-------- Input material
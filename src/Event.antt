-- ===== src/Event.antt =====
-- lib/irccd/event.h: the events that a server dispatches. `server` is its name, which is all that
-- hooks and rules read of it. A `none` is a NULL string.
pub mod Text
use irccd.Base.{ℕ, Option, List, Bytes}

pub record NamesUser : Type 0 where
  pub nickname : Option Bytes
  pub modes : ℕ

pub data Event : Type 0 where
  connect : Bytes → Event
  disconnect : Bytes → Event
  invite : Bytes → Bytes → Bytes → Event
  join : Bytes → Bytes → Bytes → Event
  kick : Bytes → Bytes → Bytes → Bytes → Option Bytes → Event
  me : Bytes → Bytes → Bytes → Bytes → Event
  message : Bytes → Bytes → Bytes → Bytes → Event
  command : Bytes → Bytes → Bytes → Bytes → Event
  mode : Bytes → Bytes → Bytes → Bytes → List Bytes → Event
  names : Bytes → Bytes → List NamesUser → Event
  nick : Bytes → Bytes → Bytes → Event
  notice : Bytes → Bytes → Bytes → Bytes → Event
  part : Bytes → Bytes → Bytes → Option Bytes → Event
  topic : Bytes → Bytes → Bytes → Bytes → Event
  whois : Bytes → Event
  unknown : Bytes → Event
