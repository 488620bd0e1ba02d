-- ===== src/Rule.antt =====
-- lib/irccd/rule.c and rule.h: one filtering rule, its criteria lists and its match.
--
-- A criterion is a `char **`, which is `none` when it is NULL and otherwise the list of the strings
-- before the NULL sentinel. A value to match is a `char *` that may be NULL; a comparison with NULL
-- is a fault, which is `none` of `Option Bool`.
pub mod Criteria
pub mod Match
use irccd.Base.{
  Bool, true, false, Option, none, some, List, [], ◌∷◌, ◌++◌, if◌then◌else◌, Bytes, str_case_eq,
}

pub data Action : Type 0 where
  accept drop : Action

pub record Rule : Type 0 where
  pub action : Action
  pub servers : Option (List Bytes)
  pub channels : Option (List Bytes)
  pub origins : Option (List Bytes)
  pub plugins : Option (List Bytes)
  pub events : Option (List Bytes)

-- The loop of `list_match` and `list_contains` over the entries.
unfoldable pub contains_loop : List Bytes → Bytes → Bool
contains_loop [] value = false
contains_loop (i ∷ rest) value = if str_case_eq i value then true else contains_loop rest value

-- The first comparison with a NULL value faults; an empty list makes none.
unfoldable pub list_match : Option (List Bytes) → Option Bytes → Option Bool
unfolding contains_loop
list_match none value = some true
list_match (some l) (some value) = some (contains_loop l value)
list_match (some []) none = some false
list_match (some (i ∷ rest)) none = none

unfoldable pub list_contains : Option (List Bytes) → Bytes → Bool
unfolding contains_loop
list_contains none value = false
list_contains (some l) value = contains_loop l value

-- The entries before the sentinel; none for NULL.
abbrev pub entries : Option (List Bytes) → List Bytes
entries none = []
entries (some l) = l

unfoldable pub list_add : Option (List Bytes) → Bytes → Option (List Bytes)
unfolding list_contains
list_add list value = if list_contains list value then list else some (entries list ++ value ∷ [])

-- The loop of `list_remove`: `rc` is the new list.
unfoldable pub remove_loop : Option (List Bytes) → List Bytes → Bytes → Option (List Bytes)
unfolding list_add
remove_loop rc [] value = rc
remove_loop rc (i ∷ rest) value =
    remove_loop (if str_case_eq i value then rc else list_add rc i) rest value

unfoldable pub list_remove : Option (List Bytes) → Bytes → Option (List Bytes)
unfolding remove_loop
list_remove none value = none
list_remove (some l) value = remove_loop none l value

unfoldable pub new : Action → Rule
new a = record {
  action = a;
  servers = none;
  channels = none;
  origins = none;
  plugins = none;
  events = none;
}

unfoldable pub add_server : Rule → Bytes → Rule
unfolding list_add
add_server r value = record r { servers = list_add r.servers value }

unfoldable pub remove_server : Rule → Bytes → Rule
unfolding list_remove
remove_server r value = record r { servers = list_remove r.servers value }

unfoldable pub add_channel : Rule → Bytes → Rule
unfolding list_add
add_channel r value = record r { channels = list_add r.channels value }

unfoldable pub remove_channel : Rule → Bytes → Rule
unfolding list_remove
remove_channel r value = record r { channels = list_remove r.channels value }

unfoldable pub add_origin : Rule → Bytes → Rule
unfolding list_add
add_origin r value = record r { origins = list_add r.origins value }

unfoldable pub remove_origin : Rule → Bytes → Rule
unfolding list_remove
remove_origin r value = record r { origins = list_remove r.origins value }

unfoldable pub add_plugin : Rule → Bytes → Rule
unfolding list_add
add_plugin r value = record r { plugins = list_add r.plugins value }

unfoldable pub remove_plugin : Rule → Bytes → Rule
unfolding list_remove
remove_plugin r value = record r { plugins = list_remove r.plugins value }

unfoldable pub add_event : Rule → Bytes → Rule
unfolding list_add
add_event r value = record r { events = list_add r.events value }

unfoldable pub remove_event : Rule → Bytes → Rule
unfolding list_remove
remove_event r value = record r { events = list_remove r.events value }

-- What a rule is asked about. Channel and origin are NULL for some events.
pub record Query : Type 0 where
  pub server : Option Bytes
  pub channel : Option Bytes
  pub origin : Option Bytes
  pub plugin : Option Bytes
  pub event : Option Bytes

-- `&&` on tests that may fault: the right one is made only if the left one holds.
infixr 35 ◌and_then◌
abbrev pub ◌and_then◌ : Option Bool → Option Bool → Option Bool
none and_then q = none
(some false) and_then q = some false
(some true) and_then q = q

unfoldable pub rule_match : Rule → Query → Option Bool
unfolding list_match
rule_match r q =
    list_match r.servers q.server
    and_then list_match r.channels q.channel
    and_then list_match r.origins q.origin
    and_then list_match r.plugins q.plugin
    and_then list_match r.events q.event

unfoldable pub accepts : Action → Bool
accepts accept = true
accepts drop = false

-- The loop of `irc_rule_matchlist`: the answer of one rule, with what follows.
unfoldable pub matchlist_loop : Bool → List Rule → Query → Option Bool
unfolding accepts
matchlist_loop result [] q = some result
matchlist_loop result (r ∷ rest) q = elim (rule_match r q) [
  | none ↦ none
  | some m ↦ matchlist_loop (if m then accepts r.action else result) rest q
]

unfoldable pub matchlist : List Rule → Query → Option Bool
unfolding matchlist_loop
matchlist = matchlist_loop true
----------------
• **What to do**
Retype the listing above word for word.

• **Result**
filename src/Event.antt
-- ===== src/Event.antt =====
-- lib/irccd/event.h: the events that a server dispatches. `server` is its name, which is all that
-- hooks and rules read of it. A `none` is a NULL string.
pub mod Text
use irccd.Base.{ℕ, Option, List, Bytes}

pub record NamesUser : Type 0 where
  pub nickname : Option Bytes
  pub modes : ℕ

pub data Event : Type 0 where
  connect : Bytes → Event
  disconnect : Bytes → Event
  invite : Bytes → Bytes → Bytes → Event
  join : Bytes → Bytes → Bytes → Event
  kick : Bytes → Bytes → Bytes → Bytes → Option Bytes → Event
  me : Bytes → Bytes → Bytes → Bytes → Event
  message : Bytes → Bytes → Bytes → Bytes → Event
  command : Bytes → Bytes → Bytes → Bytes → Event
  mode : Bytes → Bytes → Bytes → Bytes → List Bytes → Event
  names : Bytes → Bytes → List NamesUser → Event
  nick : Bytes → Bytes → Bytes → Event
  notice : Bytes → Bytes → Bytes → Bytes → Event
  part : Bytes → Bytes → Bytes → Option Bytes → Event
  topic : Bytes → Bytes → Bytes → Bytes → Event
  whois : Bytes → Event
  unknown : Bytes → Event
repository 488620bd0e1ba02d
-- ===== src/Rule.antt =====
-- lib/irccd/rule.c and rule.h: one filtering rule, its criteria lists and its match.
--
-- A criterion is a `char **`, which is `none` when it is NULL and otherwise the list of the strings
-- before the NULL sentinel. A value to match is a `char *` that may be NULL; a comparison with NULL
-- is a fault, which is `none` of `Option Bool`.
pub mod Criteria
pub mod Match
use irccd.Base.{
  Bool, true, false, Option, none, some, List, [], ◌∷◌, ◌++◌, if◌then◌else◌, Bytes, str_case_eq,
}

pub data Action : Type 0 where
  accept drop : Action

pub record Rule : Type 0 where
  pub action : Action
  pub servers : Option (List Bytes)
  pub channels : Option (List Bytes)
  pub origins : Option (List Bytes)
  pub plugins : Option (List Bytes)
  pub events : Option (List Bytes)

-- The loop of `list_match` and `list_contains` over the entries.
unfoldable pub contains_loop : List Bytes → Bytes → Bool
contains_loop [] value = false
contains_loop (i ∷ rest) value = if str_case_eq i value then true else contains_loop rest value

-- The first comparison with a NULL value faults; an empty list makes none.
unfoldable pub list_match : Option (List Bytes) → Option Bytes → Option Bool
unfolding contains_loop
list_match none value = some true
list_match (some l) (some value) = some (contains_loop l value)
list_match (some []) none = some false
list_match (some (i ∷ rest)) none = none

unfoldable pub list_contains : Option (List Bytes) → Bytes → Bool
unfolding contains_loop
list_contains none value = false
list_contains (some l) value = contains_loop l value

-- The entries before the sentinel; none for NULL.
abbrev pub entries : Option (List Bytes) → List Bytes
entries none = []
entries (some l) = l

unfoldable pub list_add : Option (List Bytes) → Bytes → Option (List Bytes)
unfolding list_contains
list_add list value = if list_contains list value then list else some (entries list ++ value ∷ [])

-- The loop of `list_remove`: `rc` is the new list.
unfoldable pub remove_loop : Option (List Bytes) → List Bytes → Bytes → Option (List Bytes)
unfolding list_add
remove_loop rc [] value = rc
remove_loop rc (i ∷ rest) value =
    remove_loop (if str_case_eq i value then rc else list_add rc i) rest value

unfoldable pub list_remove : Option (List Bytes) → Bytes → Option (List Bytes)
unfolding remove_loop
list_remove none value = none
list_remove (some l) value = remove_loop none l value

unfoldable pub new : Action → Rule
new a = record {
  action = a;
  servers = none;
  channels = none;
  origins = none;
  plugins = none;
  events = none;
}

unfoldable pub add_server : Rule → Bytes → Rule
unfolding list_add
add_server r value = record r { servers = list_add r.servers value }

unfoldable pub remove_server : Rule → Bytes → Rule
unfolding list_remove
remove_server r value = record r { servers = list_remove r.servers value }

unfoldable pub add_channel : Rule → Bytes → Rule
unfolding list_add
add_channel r value = record r { channels = list_add r.channels value }

unfoldable pub remove_channel : Rule → Bytes → Rule
unfolding list_remove
remove_channel r value = record r { channels = list_remove r.channels value }

unfoldable pub add_origin : Rule → Bytes → Rule
unfolding list_add
add_origin r value = record r { origins = list_add r.origins value }

unfoldable pub remove_origin : Rule → Bytes → Rule
unfolding list_remove
remove_origin r value = record r { origins = list_remove r.origins value }

unfoldable pub add_plugin : Rule → Bytes → Rule
unfolding list_add
add_plugin r value = record r { plugins = list_add r.plugins value }

unfoldable pub remove_plugin : Rule → Bytes → Rule
unfolding list_remove
remove_plugin r value = record r { plugins = list_remove r.plugins value }

unfoldable pub add_event : Rule → Bytes → Rule
unfolding list_add
add_event r value = record r { events = list_add r.events value }

unfoldable pub remove_event : Rule → Bytes → Rule
unfolding list_remove
remove_event r value = record r { events = list_remove r.events value }

-- What a rule is asked about. Channel and origin are NULL for some events.
pub record Query : Type 0 where
  pub server : Option Bytes
  pub channel : Option Bytes
  pub origin : Option Bytes
  pub plugin : Option Bytes
  pub event : Option Bytes

-- `&&` on tests that may fault: the right one is made only if the left one holds.
infixr 35 ◌and_then◌
abbrev pub ◌and_then◌ : Option Bool → Option Bool → Option Bool
none and_then q = none
(some false) and_then q = some false
(some true) and_then q = q

unfoldable pub rule_match : Rule → Query → Option Bool
unfolding list_match
rule_match r q =
    list_match r.servers q.server
    and_then list_match r.channels q.channel
    and_then list_match r.origins q.origin
    and_then list_match r.plugins q.plugin
    and_then list_match r.events q.event

unfoldable pub accepts : Action → Bool
accepts accept = true
accepts drop = false

-- The loop of `irc_rule_matchlist`: the answer of one rule, with what follows.
unfoldable pub matchlist_loop : Bool → List Rule → Query → Option Bool
unfolding accepts
matchlist_loop result [] q = some result
matchlist_loop result (r ∷ rest) q = elim (rule_match r q) [
  | none ↦ none
  | some m ↦ matchlist_loop (if m then accepts r.action else result) rest q
]

unfoldable pub matchlist : List Rule → Query → Option Bool
unfolding matchlist_loop
matchlist = matchlist_loop true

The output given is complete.